In order to gain insight into the mechanism of the beneficial effects of both tellurium compounds in T1D, we first examined whether integrin α4β7 activity in PAN lymph nodes was inhibited following treatment. As can be seen in Figure 10A, the integrin activity in PLN lymphocytes from NOD mice treated with the compounds from 3 to 20 w was significantly inhibited. This was manifested by diminished attachment of the cells to the α4β7 specific ligand, MADCAM-1. This inactivation might prevent the infiltration of autoreactive cells to the pancreas.

We next examined protein expression of IL-1β, a key proinflammatory cytokine, which drives several autoimmune diseases. IL-1 is a pleiotropic cytokine, which attenuates CD4⁺CD25⁺FoxP3⁺ regulatory T cell function, and allows the CD4⁺CD25⁻ autoreactive effector subset to escape from suppression (24). IL-1β has been previously shown to be inhibited by AS101 in various pre-clinical studies (14, 16, 25). Figure 10B shows that both AS101 and SAS significantly inhibited pancreatic IL-1 protein levels at 20 weeks. Furthermore, caspase-1 activity, previously shown to be inhibited by AS101 (16, 25) resulting in decreased IL-1β, was also inhibited in this study in PAN LN by AS101 and SAS-treated mice (Figure 10C). Importantly, the pro-inflammatory cytokine IL-17, which is implicated as essential in the development of T1D (26), was also inhibited in treated mice (Figure 10D). Furthermore, the Th1 cytokine IFNγ, playing a dominant role in the pathogenesis of autoimmune diabetes (27), was also significantly decreased in SAS and AS101-treated mice (Figure 10E). These results prompted us to evaluate the proportion of CD4⁺CD25⁺FoxP3⁺ regulatory T cells, known to be affected by these two inflammatory cytokines (IL-1β and IL-17). Figures 11A–D shows a significant increase in the proportion of Tregs among PAN LN cells.

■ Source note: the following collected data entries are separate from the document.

-- ===== src/Dll/Engine/Outgoing.antt =====
-- fish_11_dll/src/engine_registration.rs: `attempt_encryption`, for a line on its way to the server. An
-- early `return None` is the answer none; every error ends so too. The random nonce is an argument.
pub mod Channel
use fish.Common.{
  ℕ, ◌+◌, Bool, true, false, not, ◌&&◌, ◌||◌, ◌==◌, List, [], ◌∷◌, ◌++◌, Option, none, some, Bytes,
  codes, if◌then◌else◌, length, take, drop, leb, trim, starts_with, to_lowercase, lookup, list_eq,
  find_text, has_text, trim_newlines, crlf,
}
use fish.Env.{Env}
use fish.Errors.{Result, ok, err, FishError, DllError, from_fish_error}
use fish.Config.Models.{Key, Nonce, RatchetState, advance}
use fish.Config.Access.{M, ◌>>=◌, ◌>>◌, pure, lift, require, expect, attempt, into_dll}
use fish.Config.Channels.{
  is_channel, has_channel_key, get_channel_key_with_fallback, with_ratchet_state_mut,
}
use fish.Config.Keys.{get_key}
use fish.Config.Settings.{get_encryption_prefix}
use fish.Crypto.Chacha.{encrypt_message, advance_ratchet_key}
use fish.Legacy.Cipher.{BlockCipher}
use fish.Legacy.Blowfish
use fish.Legacy.Detection.{is_fish10_message}
use fish.Utils.{normalize_target}

abbrev pub LegacyKeys : Type 0
LegacyKeys = List (Bytes × Bytes)

-- What stands behind the command word, and whether the command is TOPIC.
abbrev behind_command : Bytes → Bytes → Option Bytes
behind_command command cmd_part = elim (find_text (codes " " ++ (command ++ codes " ")) cmd_part) [
  | some (before, after) ↦ some after
  | none ↦
      if starts_with (command ++ codes " ") cmd_part
      then some (drop (length command + 1) cmd_part)
      else none
]

unfoldable pub target_token : Bytes → Option (Bytes × Bool)
unfolding find_text
target_token cmd_part = elim (behind_command (codes "PRIVMSG") cmd_part) [
  | some target ↦ some (target, false)
  | none ↦ elim (behind_command (codes "NOTICE") cmd_part) [
    | some target ↦ some (target, false)
    | none ↦ elim (behind_command (codes "TOPIC") cmd_part) [
      | some target ↦ some (target, true)
      | none ↦ none
    ]
  ]
]

-- A text and whether it is of FiSH 10.
abbrev pub Encrypted : Type 0
Encrypted = Bytes × Bool

abbrev as_fish11 : Option Bytes → Option Encrypted
as_fish11 none = none
as_fish11 (some text) = some (text, false)

abbrev as_legacy : Result Bytes DllError → Option Encrypted
as_legacy (ok text) = some (text, true)
as_legacy (err e) = none

unfoldable pub encrypted_line : Bytes → Bytes → Bool → Encrypted → Bytes
encrypted_line cmd_part encryption_prefix is_topic (text, used_legacy) =
    if is_topic
    then (if used_legacy
        then cmd_part ++ (codes " :+OK" ++ (text ++ crlf))
        else cmd_part ++ (codes " :+FCEP_TOPIC+ " ++ (text ++ crlf)))
    else cmd_part
      ++ (codes " :"
          ++ ((if used_legacy then codes "+OK" else encryption_prefix)
              ++ (codes " " ++ (text ++ crlf))))

abbrev line_with : Bytes → Bytes → Bool → Option Encrypted → Option Bytes
line_with cmd_part encryption_prefix is_topic none = none
line_with cmd_part encryption_prefix is_topic (some encrypted) =
    some (encrypted_line cmd_part encryption_prefix is_topic encrypted)

-- Whether a message is encrypted already.
unfoldable pub is_marked : Bytes → Bytes → Bool
unfolding is_fish10_message
is_marked encryption_prefix message =
    is_fish10_message message || starts_with encryption_prefix message

abbrev pub unwrap_prefix : Option Bytes → Bytes
unwrap_prefix none = codes "+FiSH"
unwrap_prefix (some p) = p

abbrev into_dll_result : Result Bytes FishError → Result Bytes DllError
into_dll_result (ok a) = ok a
into_dll_result (err e) = err (from_fish_error e)

module _ (env : Env) (c : BlockCipher) (legacy_keys : LegacyKeys) (nonce : Nonce) where
  pub encrypt_legacy : Bytes → Bytes → Option Encrypted
  encrypt_legacy target message = elim (lookup (to_lowercase target) legacy_keys) [
    | none ↦ none
    | some legacy_key ↦ as_legacy (Blowfish.encrypt_message c legacy_key message)
  ]

  -- Under a key of 32 bytes.
  unfoldable pub encrypt_under : Key → Bytes → Option Bytes → M DllError (Option Encrypted)
  encrypt_under key message associated_data =
      if length key == 32
      then (do
        encrypted ← attempt {E = DllError} (encrypt_message env key nonce message associated_data)
        pure (as_fish11 encrypted))
      else pure none

  unfoldable pub encrypt_topic : Bytes → Bytes → M DllError (Option Encrypted)
  unfolding encrypt_under get_channel_key_with_fallback
  encrypt_topic target message = do
    found ← attempt {E = DllError} (get_channel_key_with_fallback env target)
    elim found [
      | some key ↦ encrypt_under key message (some target)
      | none ↦ pure (encrypt_legacy target message)
    ]

  -- The closure on the ratchet state.
  unfoldable pub encrypt_with_ratchet :
      Bytes → Bytes → RatchetState → M DllError (Bytes × RatchetState)
  encrypt_with_ratchet target message state = do
    encrypted_b64 ← into_dll (encrypt_message env state.current_key nonce message (some target))
    encrypted_bytes ← expect (env.base64_decode encrypted_b64) DllError.base64
    require (leb 24 (length encrypted_bytes)) DllError.encryption_failed
    next_key ← lift (
        into_dll_result
          (advance_ratchet_key env state.current_key (take 24 encrypted_bytes) target))
    pure (encrypted_b64, advance state next_key)

  unfoldable pub encrypt_ratchet : Bytes → Bytes → M DllError (Option Encrypted)
  unfolding encrypt_with_ratchet with_ratchet_state_mut
  encrypt_ratchet target message = do
    encrypted ←
        attempt {E = DllError} (with_ratchet_state_mut target (encrypt_with_ratchet target message))
    pure (as_fish11 encrypted)

  unfoldable pub encrypt_channel : Bytes → Bytes → M DllError (Option Encrypted)
  unfolding encrypt_under encrypt_ratchet get_channel_key_with_fallback has_channel_key
  encrypt_channel target message = do
    fixed ← has_channel_key env target
    if fixed
        then (do
          found ← attempt {E = DllError} (get_channel_key_with_fallback env target)
          elim found [ some key ↦ encrypt_under key message (some target) | none ↦ pure none ])
        else elim (lookup (to_lowercase target) legacy_keys) [
          | some legacy_key ↦ pure (encrypt_legacy target message)
          | none ↦ encrypt_ratchet target message
        ]

  unfoldable pub encrypt_to_nickname : Bytes → Option Bytes → Bytes → M DllError (Option Encrypted)
  unfolding encrypt_under get_key
  encrypt_to_nickname target network message = do
    found ← attempt {E = DllError} (get_key env target network)
    elim found [
      | some key ↦ encrypt_under key message none
      | none ↦ pure (encrypt_legacy target message)
    ]

  unfoldable pub encrypt_for : Bytes → Bool → Option Bytes → Bytes → M DllError (Option Encrypted)
  unfolding is_channel encrypt_topic encrypt_channel encrypt_to_nickname
  encrypt_for target is_topic network message =
      if is_topic
      then encrypt_topic target message
      else if is_channel target
      then encrypt_channel target message
      else encrypt_to_nickname target network message

  -- Behind the split at the first " :".
  unfoldable pub encrypt_parts : Bytes → Bytes → Option Bytes → M DllError (Option Bytes)
  unfolding get_encryption_prefix encrypt_for is_marked normalize_target target_token
  encrypt_parts cmd_part message network = do
    configured ← attempt {E = DllError} get_encryption_prefix
    let encryption_prefix = unwrap_prefix configured
    if is_marked encryption_prefix message then pure none else elim (target_token cmd_part) [
      | none ↦ pure none
      | some (target_part, is_topic) ↦ do
        encrypted ← encrypt_for (normalize_target (trim target_part)) is_topic network message
        pure (line_with cmd_part encryption_prefix is_topic encrypted)
    ]

  unfoldable pub attempt_encryption : Bytes → Option Bytes → M DllError (Option Bytes)
  unfolding find_text encrypt_parts
  attempt_encryption line network =
      if has_text (codes " PRIVMSG ") line
        || (has_text (codes " NOTICE ") line || has_text (codes " TOPIC ") line)
      then elim (find_text (codes " :") (trim_newlines line)) [
        | none ↦ pure none
        | some (cmd_part, message) ↦ encrypt_parts cmd_part message network
      ]
      else pure none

The increase in Tregs following treatment by SAS or AS101 prompted us to evaluate if the tellurium compounds affect the α4β7 integrin activity in Tregs vs. T effector cells and to explore the effects and if this property affects the migration of each subset of cells. Figures 12A,B shows that SAS and AS101 inhibits the activity of the α4β7 integrin in both isolated T effector cells (Figure 12A) and regulatory cells (Figure 12B); nevertheless, the extent of inhibition is higher in T effector cells. Moreover, the α4β7 integrin-dependent migration of both T cell subsets was also inhibited by both compounds, however that of T effector cells was more intense. Furthermore, The extent of control T regulatory cells migration was significantly lower than that of T effector cells (Figure 12C). Interestingly, the expression of a4b7 in T regulstoty cells was lower than that of T effector cells (Figure 12D). This might explain the lower a4b7-dependent of Tregs and their decreased sensitivity to tellurium compound inhibition.

Finally, we wished to evaluate if offspring of AS101-treated NOD mothers acquire some resistance to T1D development. Female NOD mice were treated with AS101 starting 2 weeks prior to mating, during pregnancy and throughout breast feeding. When the pups were analyzed, they exhibited decreased incidence of diabetes (Supplementary Figure 1A) and increased survival (Supplementary Figure 1B). Moreover, offspring of treated mothers were relatively more resistant to adoptive transfer of autoreactive cells as expressed by decreased incidence of diabetes (Supplementary Figure 1C) and increased survival (Supplementary Figure 1D). These results suggest that AS101 can significantly protect the fetus from future diabetes development when the mother is treated during pregnancy. Furthermore, the fetus might acquire both diminished autoreactive cells and increased regulatory mechanisms.

The authors declare that the research was conducted in the absence of any commercial or financial relationships that could be construed as a potential conflict of interest.